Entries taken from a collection
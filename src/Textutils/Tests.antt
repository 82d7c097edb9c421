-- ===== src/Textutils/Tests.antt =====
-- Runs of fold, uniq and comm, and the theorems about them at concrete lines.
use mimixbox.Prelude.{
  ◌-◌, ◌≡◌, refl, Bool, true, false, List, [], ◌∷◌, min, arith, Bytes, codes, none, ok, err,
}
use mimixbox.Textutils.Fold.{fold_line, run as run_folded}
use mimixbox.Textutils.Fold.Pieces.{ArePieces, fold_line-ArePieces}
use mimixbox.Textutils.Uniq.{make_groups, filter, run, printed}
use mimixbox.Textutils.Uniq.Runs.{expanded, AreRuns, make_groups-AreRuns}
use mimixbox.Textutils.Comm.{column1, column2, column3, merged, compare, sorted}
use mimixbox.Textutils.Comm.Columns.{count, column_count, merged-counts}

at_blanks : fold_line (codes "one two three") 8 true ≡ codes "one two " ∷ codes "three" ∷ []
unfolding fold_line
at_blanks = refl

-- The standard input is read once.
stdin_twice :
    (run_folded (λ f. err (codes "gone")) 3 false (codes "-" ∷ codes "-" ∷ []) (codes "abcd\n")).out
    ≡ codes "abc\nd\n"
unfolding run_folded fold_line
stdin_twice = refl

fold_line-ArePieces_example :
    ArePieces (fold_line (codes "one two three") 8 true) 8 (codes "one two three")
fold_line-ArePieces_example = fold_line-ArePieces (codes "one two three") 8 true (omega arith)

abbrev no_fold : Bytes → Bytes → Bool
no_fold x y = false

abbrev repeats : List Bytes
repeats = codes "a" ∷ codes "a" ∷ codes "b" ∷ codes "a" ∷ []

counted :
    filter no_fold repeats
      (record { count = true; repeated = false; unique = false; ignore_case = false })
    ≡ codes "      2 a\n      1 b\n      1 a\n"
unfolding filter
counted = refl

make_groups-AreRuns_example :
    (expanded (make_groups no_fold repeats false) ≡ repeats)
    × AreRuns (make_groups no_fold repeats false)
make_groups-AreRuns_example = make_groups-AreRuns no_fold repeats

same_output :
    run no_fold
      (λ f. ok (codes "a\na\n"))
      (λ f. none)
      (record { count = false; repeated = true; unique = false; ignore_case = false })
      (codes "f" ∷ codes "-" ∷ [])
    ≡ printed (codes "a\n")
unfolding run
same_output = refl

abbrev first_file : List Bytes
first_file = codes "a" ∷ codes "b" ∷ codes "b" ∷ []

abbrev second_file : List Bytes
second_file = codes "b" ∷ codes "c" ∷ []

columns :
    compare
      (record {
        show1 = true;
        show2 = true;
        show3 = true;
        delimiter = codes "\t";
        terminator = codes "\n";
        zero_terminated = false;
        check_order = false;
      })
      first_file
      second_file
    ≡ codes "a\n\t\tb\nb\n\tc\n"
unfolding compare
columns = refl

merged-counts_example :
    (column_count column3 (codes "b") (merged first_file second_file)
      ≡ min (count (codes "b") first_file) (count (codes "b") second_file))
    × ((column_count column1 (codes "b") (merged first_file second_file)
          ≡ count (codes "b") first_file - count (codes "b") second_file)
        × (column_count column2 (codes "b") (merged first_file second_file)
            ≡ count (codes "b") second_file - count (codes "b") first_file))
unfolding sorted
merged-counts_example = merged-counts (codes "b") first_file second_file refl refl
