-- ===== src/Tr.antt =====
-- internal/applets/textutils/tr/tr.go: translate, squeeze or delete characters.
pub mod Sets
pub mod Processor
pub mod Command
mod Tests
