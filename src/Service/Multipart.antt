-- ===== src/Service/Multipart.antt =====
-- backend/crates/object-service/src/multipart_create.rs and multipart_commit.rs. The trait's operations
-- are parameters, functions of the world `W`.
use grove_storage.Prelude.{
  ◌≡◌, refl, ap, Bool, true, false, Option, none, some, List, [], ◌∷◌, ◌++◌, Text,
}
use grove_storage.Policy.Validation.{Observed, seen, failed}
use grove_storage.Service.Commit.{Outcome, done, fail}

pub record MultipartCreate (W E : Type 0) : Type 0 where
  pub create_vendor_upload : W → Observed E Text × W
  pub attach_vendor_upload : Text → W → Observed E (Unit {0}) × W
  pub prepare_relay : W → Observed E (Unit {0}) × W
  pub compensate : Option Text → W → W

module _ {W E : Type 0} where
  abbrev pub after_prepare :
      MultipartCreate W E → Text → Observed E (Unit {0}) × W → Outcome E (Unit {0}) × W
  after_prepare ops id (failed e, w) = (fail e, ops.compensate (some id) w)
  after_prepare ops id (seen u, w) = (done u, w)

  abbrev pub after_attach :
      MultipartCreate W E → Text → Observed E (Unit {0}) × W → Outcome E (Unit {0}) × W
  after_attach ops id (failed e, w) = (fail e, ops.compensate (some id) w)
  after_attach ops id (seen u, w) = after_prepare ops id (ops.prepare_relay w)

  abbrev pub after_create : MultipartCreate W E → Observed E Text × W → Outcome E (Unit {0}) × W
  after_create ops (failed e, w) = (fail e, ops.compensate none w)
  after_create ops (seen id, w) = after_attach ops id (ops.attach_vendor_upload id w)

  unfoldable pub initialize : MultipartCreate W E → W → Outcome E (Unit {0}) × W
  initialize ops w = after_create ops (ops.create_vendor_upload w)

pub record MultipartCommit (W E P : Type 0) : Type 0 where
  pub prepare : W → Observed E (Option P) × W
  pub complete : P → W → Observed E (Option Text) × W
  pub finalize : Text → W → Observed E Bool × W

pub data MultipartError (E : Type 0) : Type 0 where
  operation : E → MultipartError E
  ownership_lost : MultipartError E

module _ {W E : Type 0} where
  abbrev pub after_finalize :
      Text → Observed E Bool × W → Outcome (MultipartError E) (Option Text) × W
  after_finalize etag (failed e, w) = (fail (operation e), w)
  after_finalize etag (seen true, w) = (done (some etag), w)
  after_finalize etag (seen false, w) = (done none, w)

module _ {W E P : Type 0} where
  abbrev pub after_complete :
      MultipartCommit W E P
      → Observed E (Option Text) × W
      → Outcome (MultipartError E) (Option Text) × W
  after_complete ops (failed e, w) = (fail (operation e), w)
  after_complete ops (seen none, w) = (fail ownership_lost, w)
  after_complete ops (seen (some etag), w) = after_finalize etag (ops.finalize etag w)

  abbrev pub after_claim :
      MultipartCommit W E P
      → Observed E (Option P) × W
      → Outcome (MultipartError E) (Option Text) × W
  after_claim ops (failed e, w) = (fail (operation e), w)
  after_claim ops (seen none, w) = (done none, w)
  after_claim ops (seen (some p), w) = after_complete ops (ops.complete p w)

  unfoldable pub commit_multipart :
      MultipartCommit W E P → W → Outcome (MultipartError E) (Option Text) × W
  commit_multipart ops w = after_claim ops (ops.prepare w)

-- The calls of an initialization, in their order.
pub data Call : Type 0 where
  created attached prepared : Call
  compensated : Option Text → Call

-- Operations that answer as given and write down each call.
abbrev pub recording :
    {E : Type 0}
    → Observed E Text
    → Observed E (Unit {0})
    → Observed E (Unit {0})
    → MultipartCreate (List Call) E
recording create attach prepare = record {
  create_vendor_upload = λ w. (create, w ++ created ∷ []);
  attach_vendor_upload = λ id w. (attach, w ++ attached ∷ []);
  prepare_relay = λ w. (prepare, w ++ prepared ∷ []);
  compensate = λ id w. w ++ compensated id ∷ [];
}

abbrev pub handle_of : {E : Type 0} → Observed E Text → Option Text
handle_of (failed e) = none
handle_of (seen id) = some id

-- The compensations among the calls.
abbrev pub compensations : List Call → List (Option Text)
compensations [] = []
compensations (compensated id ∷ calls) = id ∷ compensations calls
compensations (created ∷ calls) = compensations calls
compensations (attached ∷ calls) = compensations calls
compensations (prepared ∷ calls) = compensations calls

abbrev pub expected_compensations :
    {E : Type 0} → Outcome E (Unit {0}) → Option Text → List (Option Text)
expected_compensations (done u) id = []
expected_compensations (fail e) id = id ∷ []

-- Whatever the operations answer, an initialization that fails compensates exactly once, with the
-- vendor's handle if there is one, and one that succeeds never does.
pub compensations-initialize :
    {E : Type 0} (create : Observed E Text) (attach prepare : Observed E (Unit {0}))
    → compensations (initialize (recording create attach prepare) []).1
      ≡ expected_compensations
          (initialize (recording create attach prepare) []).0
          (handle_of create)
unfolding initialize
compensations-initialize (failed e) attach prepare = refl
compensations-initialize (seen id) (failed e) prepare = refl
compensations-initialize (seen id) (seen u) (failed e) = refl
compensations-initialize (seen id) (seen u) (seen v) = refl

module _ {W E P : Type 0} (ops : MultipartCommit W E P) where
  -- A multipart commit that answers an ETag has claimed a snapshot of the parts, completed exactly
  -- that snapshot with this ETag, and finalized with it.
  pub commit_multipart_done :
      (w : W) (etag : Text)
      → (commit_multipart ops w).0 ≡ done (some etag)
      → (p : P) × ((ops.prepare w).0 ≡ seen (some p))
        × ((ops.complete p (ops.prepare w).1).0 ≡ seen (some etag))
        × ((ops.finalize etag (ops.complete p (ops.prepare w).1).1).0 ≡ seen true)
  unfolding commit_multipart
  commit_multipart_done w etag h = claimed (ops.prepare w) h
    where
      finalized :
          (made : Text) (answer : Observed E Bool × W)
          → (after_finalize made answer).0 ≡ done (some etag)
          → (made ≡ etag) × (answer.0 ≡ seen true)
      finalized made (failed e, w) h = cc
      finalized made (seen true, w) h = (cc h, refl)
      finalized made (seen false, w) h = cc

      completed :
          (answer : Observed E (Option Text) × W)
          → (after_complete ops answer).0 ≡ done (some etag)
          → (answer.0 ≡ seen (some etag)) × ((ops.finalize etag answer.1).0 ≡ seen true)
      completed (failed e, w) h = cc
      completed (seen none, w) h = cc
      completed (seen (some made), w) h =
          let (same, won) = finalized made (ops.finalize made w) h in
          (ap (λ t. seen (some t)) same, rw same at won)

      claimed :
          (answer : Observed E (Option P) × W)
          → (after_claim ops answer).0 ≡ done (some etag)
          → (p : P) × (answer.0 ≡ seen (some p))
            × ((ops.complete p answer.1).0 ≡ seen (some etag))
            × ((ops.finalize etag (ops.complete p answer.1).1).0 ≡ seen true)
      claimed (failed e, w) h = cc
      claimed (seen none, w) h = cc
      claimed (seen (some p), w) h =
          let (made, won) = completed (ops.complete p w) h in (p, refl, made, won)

PROBLEM REQUIREMENTS: The required result is an exact repetition of the lines from the one containing "finalized made (seen true, w)" through the last line of the data.

ANSWER SECTION:
      finalized made (seen true, w) h = (cc h, refl)
      finalized made (seen false, w) h = cc

      completed :
          (answer : Observed E (Option Text) × W)
          → (after_complete ops answer).0 ≡ done (some etag)
          → (answer.0 ≡ seen (some etag)) × ((ops.finalize etag answer.1).0 ≡ seen true)
      completed (failed e, w) h = cc
      completed (seen none, w) h = cc
      completed (seen (some made), w) h =
          let (same, won) = finalized made (ops.finalize made w) h in
          (ap (λ t. seen (some t)) same, rw same at won)

      claimed :
          (answer : Observed E (Option P) × W)
          → (after_claim ops answer).0 ≡ done (some etag)
          → (p : P) × (answer.0 ≡ seen (some p))
            × ((ops.complete p answer.1).0 ≡ seen (some etag))
            × ((ops.finalize etag (ops.complete p answer.1).1).0 ≡ seen true)
      claimed (failed e, w) h = cc
      claimed (seen none, w) h = cc
      claimed (seen (some p), w) h =
          let (made, won) = completed (ops.complete p w) h in (p, refl, made, won)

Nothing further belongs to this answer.